PROF. Dr. Abu Hanifah seperti dihadapkan pada pilihan: hari
Jumat atau hari ulang tahunnya ke-74, yang jatuh dua hari
berikutnya. "Ternyata ayah meninggal hari Jumat pagi, 4 Desember
yang lalu," tutur Siti Nurhati, 28 tahun, putri bungsu almarhum.
Almarhum meninggalkan seorang istri, 3 anak dan 4 cucu.
Mengawali karirnya di bidang sastra (dengan nama samaran El
Hakim antara lain menulis sandiwara Taufan di Atas Asia),
kemudian berhasil menjadi dokter, lantas terjun ke arena
politik. Sempat menjabat Dubes RI beberapa kali.
Sampai akhir hayatnya, kecuali sejumlah artikel yang tersebar di
koran-koran maupun majalah, 21 buku sempat ditulisnya. Dua di
antaranya, Dr. Rimbu (novel yang ditulisnya berdasar pengalaman
selama di Rimbu, Riau) dan Ibu dan Anak (buku kedokteran) sempat
direvisinya. Bukunya terakhir dalam bahasa Inggris: Tales of
Revolution, ditulis tahun 1972. Ia memang menguasai empat bahasa
asing dengan baik: Inggris, Belanda, Jerman dan Italia.
Juga masih sempat memberi nasihat kepada putri bungsunya itu.
"Selesaikan sekolahmu, supaya bisa berdiri sendiri. Jangan
terlalu menggantungkan diri pada suami," tutur Nurhati,
mahasiswa Fakultas Hukum UI tingkat terakhir, menirukan kata
ayahnya dengan haru.
Juni tahun lalu kaki kanan Abu Hanifah diamputasi karena
menderita trombosis (pembengkakan pembuluh darah). Meski
kehilangan sebelah kaki, kesenangan berguraunya tak lenyap.
"Yang saya sayangkan, saya tak bisa lagi memancing di laut.
Padahal itu hobi saya," katanya waktu itu. Namun sebagai orang
beriman ia menerima itu semua sebagai "sudah takdir."

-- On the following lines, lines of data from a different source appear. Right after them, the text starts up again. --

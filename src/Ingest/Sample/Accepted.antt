-- ===== src/Ingest/Sample/Accepted.antt =====
-- internal/ingest/server.go: which samples are recorded.
use enisa_sbd_example.Common.{
  ◌≡◌, ◌≢◌, ◌↔◌, ◌≤◌, inl, inr, false, [], Bytes, length, Option, some, Option-cases, Result-cases,
  ok, arith,
}
use enisa_sbd_example.Store.Model.{Time, Store}
use enisa_sbd_example.Store.Writes.{record_reading}
use enisa_sbd_example.Ingest.Conn.{max_metric_name_len}
use enisa_sbd_example.Ingest.Sample.{Sample, is_non_finite, reading_of, check_sample, record_sample}

-- The payload is a sample with a metric name of 1 to 64 bytes and a finite value, which the store
-- takes for the device.
pub record IsRecorded (decode : Bytes → Option Sample) (now : Time) (device_id payload : Bytes)
    (s s' : Store) : Type 0 where
  pub smp : Sample
  pub decoded : decode payload ≡ some smp
  pub named : smp.metric ≢ []
  pub name_bound : length smp.metric ≤ max_metric_name_len
  pub finite : is_non_finite smp.value ≡ false
  pub recorded : record_reading s now device_id (reading_of smp) ≡ ok s'

check_sample_iff :
    (smp : Sample)
    → (check_sample smp ≡ ok tt) ↔ (
        (smp.metric ≢ [])
        × (length smp.metric ≤ max_metric_name_len)
        × (is_non_finite smp.value ≡ false))
unfolding check_sample
check_sample_iff smp = ground arith

-- A payload is recorded exactly where it decodes to a sample with a metric name of 1 to 64 bytes and
-- a finite value, and the store takes the reading for the device; the store is then the one that
-- `RecordReading` leaves.
pub record_sample_iff :
    (decode : Bytes → Option Sample) (s s' : Store) (now : Time) (device_id payload : Bytes)
    → (record_sample decode s now device_id payload ≡ ok s')
      ↔ IsRecorded decode now device_id payload s s'
unfolding record_sample
record_sample_iff decode s s' now device_id payload = (to, from)
  where
    to :
        record_sample decode s now device_id payload ≡ ok s'
        → IsRecorded decode now device_id payload s s'
    to h = elim (Option-cases (decode payload)) [
      | inl bad ↦ ground arith
      | inr (smp, good) ↦ elim (Result-cases (check_sample smp)) [
        | inr (e, bad) ↦ ground arith
        | inl (tt, fine) ↦ elim (Result-cases (record_reading s now device_id (reading_of smp))) [
          | inr (e, bad) ↦ ground arith
          | inl (s2, stored) ↦
              let (named, bound, finite) = (check_sample_iff smp).0 fine in
              record {
                smp = smp;
                decoded = good;
                named = named;
                name_bound = bound;
                finite = finite;
                recorded = ground arith;
              }
        ]
      ]
    ]

    from :
        IsRecorded decode now device_id payload s s'
        → record_sample decode s now device_id payload ≡ ok s'
    from r = rw (
      r.decoded,
      (check_sample_iff r.smp).1 (r.named, r.name_bound, r.finite),
      r.recorded,
      record_sample,
    )
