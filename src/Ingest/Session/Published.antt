-- ===== src/Ingest/Session/Published.antt =====
-- internal/ingest/server.go and internal/mqtt/packet.go: a sample on the wire of a device's connection,
-- and the round of the session that reads it.
use enisa_sbd_example.Common.{
  ◌%◌, ◌^◌, ◌<◌, ◌≤◌, ◌≡◌, ◌≢◌, ◌∙◌, refl, ap, inl, inr, Bool-cases, false, [], ◌++◌, Bytes, length,
  Option, none, some, ok, arith, ◌==◌, IsByte, text_eq_refl, pos,
}
use enisa_sbd_example.Common.Bits.{bit_and-0x03}
use enisa_sbd_example.Mqtt.Wire.{max_packet_size, publish_type}
use enisa_sbd_example.Mqtt.Packet.{read, write}
use enisa_sbd_example.Mqtt.Packet.RoundTrip.{read-write}
use enisa_sbd_example.Mqtt.Publish.{Publish, encode_publish}
use enisa_sbd_example.Mqtt.Publish.RoundTrip.{decode_publish-encode_publish, on_the_wire}
use enisa_sbd_example.Store.Model.{Time, Store}
use enisa_sbd_example.Store.Writes.{record_reading}
use enisa_sbd_example.Ingest.Conn.{Conn, first_answer, set_deadline, topic_for, max_metric_name_len}
use enisa_sbd_example.Ingest.Sample.{Sample, is_non_finite, reading_of, record_sample}
use enisa_sbd_example.Ingest.Sample.Accepted.{record_sample_iff}
use enisa_sbd_example.Ingest.Session.{acknowledge, on_publish, on_packet, next_round}

-- The next packet on the connection is a PUBLISH of QoS 0 or 1 to the device's own topic, whose payload
-- decodes to a sample with a metric name of 1 to 64 bytes and a finite value. The call that sets the
-- deadline succeeds.
pub record IsSending (decode : Bytes → Option Sample) (device_id : Bytes) (conn : Conn)
    (smp : Sample) : Type 0 where
  pub in_time : first_answer conn.deadlines ≡ none
  pub p : Publish
  pub packet : Bytes
  pub rest : Bytes
  pub arrived : conn.input.bytes ≡ packet ++ rest
  pub written : write publish_type (encode_publish p).0 (encode_publish p).1 ≡ ok packet
  pub fits : length (encode_publish p).1 ≤ max_packet_size
  pub qos_bound : p.qos ≤ 1
  pub id_bound : p.packet_id < 2 ^ 16
  pub own_topic : p.topic ≡ topic_for device_id
  pub topic_bound : length p.topic < 2 ^ 16
  pub decoded : decode p.payload ≡ some smp
  pub named : smp.metric ≢ []
  pub name_bound : length smp.metric ≤ max_metric_name_len
  pub finite : is_non_finite smp.value ≡ false

flags-encode_publish : (p : Publish) → IsByte (encode_publish p).0
unfolding encode_publish
flags-encode_publish p = ground (arith, bit_and-0x03 p.qos)

flags_low : (p : Publish) → p.qos ≤ 1 → (encode_publish p).0 % 16 ≡ (encode_publish p).0
unfolding encode_publish
flags_low p h = omega (arith, bit_and-0x03 p.qos)

acknowledge-store : (s : Store) (c : Conn) (p : Publish) → (acknowledge s c p).1 ≡ s
unfolding acknowledge
acknowledge-store s c p = elim (Bool-cases (p.qos == 1)) [
  | inl asked ↦ rw asked refl
  | inr silent ↦ rw silent refl
]

module _ (decode : Bytes → Option Sample) (device_id : Bytes) where
  read-sent :
      (conn : Conn) (smp : Sample) (h : IsSending decode device_id conn smp)
      → read conn.input (pos max_packet_size)
        ≡ ok (
          record {
            type = publish_type;
            flags = (encode_publish h.p).0;
            body = (encode_publish h.p).1;
          },
          record { bytes = h.rest; ending = conn.input.ending },
        )
  read-sent conn smp h =
      ap (λ b. read (record { bytes = b; ending = conn.input.ending }) (pos max_packet_size))
        h.arrived
      ∙ read-write publish_type (encode_publish h.p).0 (encode_publish h.p).1 h.packet h.rest
          conn.input.ending (pos max_packet_size) (omega arith) (flags-encode_publish h.p)
          (ground (arith, h.fits)) h.written
      ∙ ap
          (λ f. ok (
            record { type = publish_type; flags = f; body = (encode_publish h.p).1 },
            record { bytes = h.rest; ending = conn.input.ending },
          ))
          (flags_low h.p h.qos_bound)

  -- The round reads the PUBLISH and leaves the store as `RecordReading` does, whether or not the
  -- acknowledgement can be written.
  pub next_round-record :
      (now : Time) (s : Store) (conn : Conn) (smp : Sample) (t : Store)
      → IsSending decode device_id conn smp
      → record_reading s now device_id (reading_of smp) ≡ ok t
      → (next_round decode device_id now s conn).1 ≡ t
  unfolding next_round set_deadline on_packet on_publish
  next_round-record now s conn smp t h recorded =
      let stored : record_sample decode s now device_id h.p.payload ≡ ok t =
        (record_sample_iff decode s t now device_id h.p.payload).1 (record {
          smp = smp;
          decoded = h.decoded;
          named = h.named;
          name_bound = h.name_bound;
          finite = h.finite;
          recorded = recorded;
        }) in
      rw
        (
          next_round,
          set_deadline,
          h.in_time,
          read-sent conn smp h,
          on_packet,
          decode_publish-encode_publish h.p h.qos_bound h.topic_bound h.id_bound,
          on_publish,
          h.own_topic,
          text_eq_refl,
          stored,
        )
        (acknowledge-store t _ (on_the_wire h.p))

Justru waktu itulah Abu Hanifah merasa bahagia. Begitu banyak
sahabat dan kenalannya datang menjenguk Adam Malik, Surono dan
belasan Dubes berbagai negara. Katanya "Saya betul-betul merasa
tidak ditinggalkan . . ."
Jumat siang itu pula jenazah almarhum dimakamkan di pekuburan
Karet -- sebagaimana permintaan almarhwn sendiri supaya
berkumpul kembali dengan Usmar Ismail, adiknya -- setelah
disembahangkan di Masjid Al-Azhar, Kebayoran Baru. Hadir antara
lain Moh. Roem, Moh. Natsir, Adam Malik, Soenario SH, Sudiro dan
para Dubes berbagai negara. Menlu Mochtar Kusumaatmadja
memberikan sambutan atas nama pemerintah.

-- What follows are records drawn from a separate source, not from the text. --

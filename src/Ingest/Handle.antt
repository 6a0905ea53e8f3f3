-- ===== src/Ingest/Handle.antt =====
-- internal/ingest/server.go: what happens to an accepted connection before and around its session.
pub mod Paths
pub mod Isolated
use enisa_sbd_example.Common.{
  ℕ, Bool, true, false, not, List, Option, none, some, Bytes, if◌then◌else◌, Result, ok, err,
}
use enisa_sbd_example.Mqtt.Wire.{IoError}
use enisa_sbd_example.Store.Model.{Time, Store}
use enisa_sbd_example.Store.Reads.{device}
use enisa_sbd_example.Ingest.Conn.{SessionError, Conn, CertError, device_id_from, is_closed}
use enisa_sbd_example.Ingest.Sample.{Sample}
use enisa_sbd_example.Ingest.Session.{session}

-- An accepted connection: whether it is a TLS connection, how its handshake ends, the common names
-- of the peer's verified certificates, and the connection behind it.
pub record Incoming : Type 0 where
  pub is_tls : Bool
  pub handshake : Option IoError
  pub common_names : List Bytes
  pub conn : Conn

-- Where `handle` returns.
pub data Ending : Type 0 where
  not_tls : Ending
  handshake_refused : IoError → Ending
  certificate_unusable : CertError → Ending
  not_enrolled : Bytes → Ending
  session_over : Option SessionError → Ending

-- Whether the ending leaves a line in the log.
unfoldable pub is_logged : Ending → Bool
is_logged (session_over none) = false
is_logged (session_over (some e)) = not (is_closed e)
is_logged _ = true

abbrev pub end_session :
    Option (Option SessionError × Store × Conn) → Option (Ending × Store × Conn)
end_session none = none
end_session (some (e, s, c)) = some (session_over e, s, c)

module _ (decode : Bytes → Option Sample) where
  -- `none` is a session that was cut short.
  unfoldable pub handle : ℕ → (ℕ → Time) → Store → Incoming → Option (Ending × Store × Conn)
  handle fuel clock s inc =
      if not inc.is_tls then some (not_tls, s, inc.conn) else elim inc.handshake [
        | some e ↦ some (handshake_refused e, s, inc.conn)
        | none ↦ elim (device_id_from inc.common_names) [
          | err e ↦ some (certificate_unusable e, s, inc.conn)
          | ok device_id ↦ elim (device s device_id) [
            | none ↦ some (not_enrolled device_id, s, inc.conn)
            | some _ ↦ end_session (session decode device_id fuel clock s inc.conn)
          ]
        ]
      ]
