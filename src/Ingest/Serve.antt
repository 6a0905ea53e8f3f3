-- ===== src/Ingest/Serve.antt =====
-- internal/ingest/server.go: the accept loop and the connections that it serves at once. Each goroutine
-- is a connection of the list; a schedule says which of them goes on next.
pub mod Bound
pub mod Alone
pub mod Drained
pub mod Isolated
use enisa_sbd_example.Common.{
  ℕ, zero, suc, Bool, true, false, not, List, [], ◌∷◌, ◌++◌, Option, none, some, Bytes, length, ltb,
  if◌then◌else◌, ℤ, pos, negsuc, Result, ok, err, ◌||◌,
}
use enisa_sbd_example.Mqtt.Wire.{IoError}
use enisa_sbd_example.Store.Model.{Time, Store}
use enisa_sbd_example.Store.Reads.{device}
use enisa_sbd_example.Ingest.Conn.{SessionError, Conn, device_id_from}
use enisa_sbd_example.Ingest.Sample.{Sample}
use enisa_sbd_example.Ingest.Session.{Progress, goes_on, ended, open_session, next_round}
use enisa_sbd_example.Ingest.Handle.{Incoming}

-- A connection that holds a slot: before its session, or in the loop as a device.
pub data Live : Type 0 where
  waiting : Incoming → Live
  looping : Bytes → Conn → Live

pub record System : Type 0 where
  pub store : Store
  pub live : List Live
  pub is_cancelled : Bool
  pub stopped : Option (Option IoError)

-- `max(s.MaxConns, 1)`
abbrev pub capacity : ℤ → ℕ
capacity (pos zero) = 1
capacity (pos (suc n)) = suc n
capacity (negsuc n) = 1

abbrev pub opened : Bytes → Option SessionError × Conn → Option Live
opened device_id (none, c) = some (looping device_id c)
opened device_id (some e, c) = none

-- `handle` up to the session's loop; `none` is a connection that is closed.
unfoldable pub greet : Store → Incoming → Option Live
greet s inc = if not inc.is_tls then none else elim inc.handshake [
  | some e ↦ none
  | none ↦ elim (device_id_from inc.common_names) [
    | err e ↦ none
    | ok device_id ↦ elim (device s device_id) [
      | none ↦ none
      | some _ ↦ opened device_id (open_session inc.conn)
    ]
  ]
]

abbrev pub keep_live : Option Live → List Live → List Live
keep_live none rest = rest
keep_live (some l) rest = l ∷ rest

abbrev pub after_round : Bytes → Progress × Store × Conn → Store × Option Live
after_round device_id (goes_on, s, c) = (s, some (looping device_id c))
after_round device_id (ended e, s, c) = (s, none)

-- Accepting, the end of the context, and a goroutine's next step, at a time.
pub data Event : Type 0 where
  arrives : Incoming → Event
  accept_fails : IoError → Event
  cancels : Event
  runs : Time → ℕ → Event

abbrev pub is_stopped : Option (Option IoError) → Bool
is_stopped none = false
is_stopped (some _) = true

module _ (decode : Bytes → Option Sample) where
  -- A step of one connection: up to its loop, or one round of it.
  unfoldable pub step_live : Time → Store → Live → Store × Option Live
  step_live now s (waiting inc) = (s, greet s inc)
  step_live now s (looping device_id c) =
      after_round device_id (next_round decode device_id now s c)

  unfoldable pub run_nth : Time → Store → List Live → ℕ → Store × List Live
  run_nth now s [] i = (s, [])
  run_nth now s (l ∷ ls) zero = let (s', l') = step_live now s l in (s', keep_live l' ls)
  run_nth now s (l ∷ ls) (suc i) = let (s', ls') = run_nth now s ls i in (s', l ∷ ls')

  -- A connection beyond the capacity is closed at once; after the loop has ended none is accepted.
  unfoldable pub step : ℤ → System → Event → System
  step max_conns sys (arrives inc) =
      if is_stopped sys.stopped || not (ltb (length sys.live) (capacity max_conns))
      then sys
      else record sys { live = sys.live ++ waiting inc ∷ [] }
  step max_conns sys (accept_fails e) = if is_stopped sys.stopped then sys else record sys {
    stopped = some (if sys.is_cancelled then none else some e);
    is_cancelled = true;
  }
  step max_conns sys cancels = record sys { is_cancelled = true }
  step max_conns sys (runs now i) =
      let (s, live) = run_nth now sys.store sys.live i in record sys { store = s; live = live }

  unfoldable pub run : ℤ → System → List Event → System
  run max_conns sys [] = sys
  run max_conns sys (e ∷ es) = run max_conns (step max_conns sys e) es

-- `Serve` returns when its loop has ended and the last connection is closed.
unfoldable pub returned : System → Option (Option IoError)
returned sys = elim sys.live [ [] ↦ sys.stopped | _ ∷ _ ↦ none ]
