-- ===== src/Dashboard/Handlers.antt =====
-- internal/dashboard/server.go: the handlers of the Dashboard API.
use enisa_sbd_example.Common.{
  ℕ, Bool, List, [], ◌∷◌, Option, none, some, Bytes, codes, length, ◌==◌, if◌then◌else◌, or_nil, ℤ,
  pos, is_nonpositive, Result, ok, err, ◌>>=◌,
}
use enisa_sbd_example.Common.Strings.Atoi.{atoi}
use enisa_sbd_example.Authn.Identity.{Identity, Role, role_operator, role_admin}
use enisa_sbd_example.Authn.Tokens.{Tokens}
use enisa_sbd_example.Store.Model.{Time, Float64, Device, Reading, Store, Error}
use enisa_sbd_example.Store.Scope.{Scope, scope_for}
use enisa_sbd_example.Store.Reads.{readings}
use enisa_sbd_example.Store.Reads
use enisa_sbd_example.Http.{
  Response, Handler, error_body, status_body, devices_body, readings_body, csv_body, write_json,
  status_ok, status_bad_request, status_unauthorized, status_forbidden,
  status_internal_server_error,
}
use enisa_sbd_example.Authz.Router.{Router, Panic, caller, new_router, handle_func, handle_public}
use enisa_sbd_example.Dashboard.Csv.{header_row, export_rows}

abbrev pub default_reading_limit : ℕ
default_reading_limit = 100

abbrev pub fleet_readers : List Role
fleet_readers = role_operator ∷ role_admin ∷ []

-- A refusal that has been written, or the caller's scope.
pub data Scoped : Type 0 where
  unscoped : Response → Scoped
  scoped : Scope → Scoped

-- `s.scope(w, r)`
unfoldable pub scope_of : Option Identity → Scoped
scope_of ctx = elim (caller ctx) [
  | none ↦ unscoped (write_json status_unauthorized (error_body (codes "Unauthorized")))
  | some id ↦ elim (scope_for id) [
    | err _ ↦ unscoped (write_json status_forbidden (error_body (codes "Forbidden")))
    | ok scope ↦ scoped scope
  ]
]

unfoldable pub fail : Response
fail = write_json status_internal_server_error (error_body (codes "Internal Server Error"))

-- A handler's first lines: it goes on with the caller's scope. Nothing in this service changes the
-- store.
unfoldable pub with_scope : Option Identity → Store → (Scope → Response) → Response × Store
with_scope ctx s answer = elim (scope_of ctx) [
  | unscoped res ↦ (res, s)
  | scoped scope ↦ (answer scope, s)
]

abbrev pub fleet_answer : Result Error (List Device) → Response
fleet_answer (err _) = fail
fleet_answer (ok devices) = write_json status_ok (devices_body devices)

unfoldable pub fleet : Handler Store
fleet ctx r s = with_scope ctx s λ scope. fleet_answer (Reads.fleet s scope)

-- The limit that the query asks for, or the default; `none` is one that is no positive number.
unfoldable pub limit_of : Bytes → Option ℤ
limit_of raw =
    if length raw == 0
    then some (pos default_reading_limit)
    else elim (atoi raw) [ none ↦ none | some n ↦ if is_nonpositive n then none else some n ]

abbrev pub readings_answer : Result Error (Option (List Reading)) → Response
readings_answer (err _) = fail
readings_answer (ok rs) = write_json status_ok (readings_body (or_nil rs))

abbrev pub bad_limit : Response
bad_limit = write_json status_bad_request (error_body (codes "limit must be a positive integer"))

unfoldable pub telemetry : Handler Store
telemetry ctx r s = with_scope ctx s λ scope. elim (limit_of r.query_limit) [
  | none ↦ bad_limit
  | some limit ↦ readings_answer (readings s scope r.path_id limit)
]

abbrev pub export_headers : List (Bytes × Bytes)
export_headers =
    (codes "Content-Type", codes "text/csv; charset=utf-8")
    ∷ (codes "Content-Disposition", codes "attachment; filename=\"fleet-telemetry.csv\"")
    ∷ (codes "Cache-Control", codes "no-store")
    ∷ []

unfoldable pub health : Handler Store
health ctx r s = (write_json status_ok (status_body (codes "ok")), s)

module _ (format_float : Float64 → Bytes) (format_time : Time → Bytes) where
  -- A failing write of a row ends the response, which is then not received: it is not kept.
  abbrev pub export_answer : Store → Scope → Result Error (List Device) → Response
  export_answer s scope (err _) = fail
  export_answer s scope (ok devices) = record {
    status = status_ok;
    headers = export_headers;
    body = csv_body (header_row ∷ export_rows format_float format_time s scope devices);
  }

  unfoldable pub export : Handler Store
  export ctx r s = with_scope ctx s λ scope. export_answer s scope (Reads.fleet s scope)

  -- `Handler(st, tokens, log)`
  unfoldable pub handler :
      (Bytes → Bytes) → (List Bytes → Bytes → Bool) → Option Tokens → Result Panic (Router Store)
  handler sum256 conflicts tokens = do
    r₁ ←
        handle_func conflicts sum256 (new_router tokens) (codes "GET /api/fleet") fleet_readers
          fleet
    r₂ ← handle_func conflicts sum256 r₁ (codes "GET /api/fleet/export") fleet_readers export
    r₃ ←
        handle_func conflicts sum256 r₂ (codes "GET /api/devices/{id}/telemetry") fleet_readers
          telemetry
    handle_public conflicts r₃ (codes "GET /healthz") health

"Saya baru tahu ayah itu orang besar," kata Chalid Ibnu anak
kedua, beberapa saat setelah pemakaman usai. Dia sendiri tak
pernah membaca buku-buku karangan ayahnya, meski cintanya
terhadap ahnarhum besar.
Lahir di Padang Panjang, Sum-Bar, 6 Desember 1906, lulus sekolah
kedokteran Stovia, Jakarta, 1932. Di zaman Republik Indonesia
Serikat pernah duduk sebagai Menteri P&K, 1950. Peningalannya
antara lain berupa sejumlah besar buku-buku, telah diserahkan
kepada putri bungsunya beberapa waktu lalu. "Saya belum tahu mau
diapakan," kata Nurhati kepada TEMPO.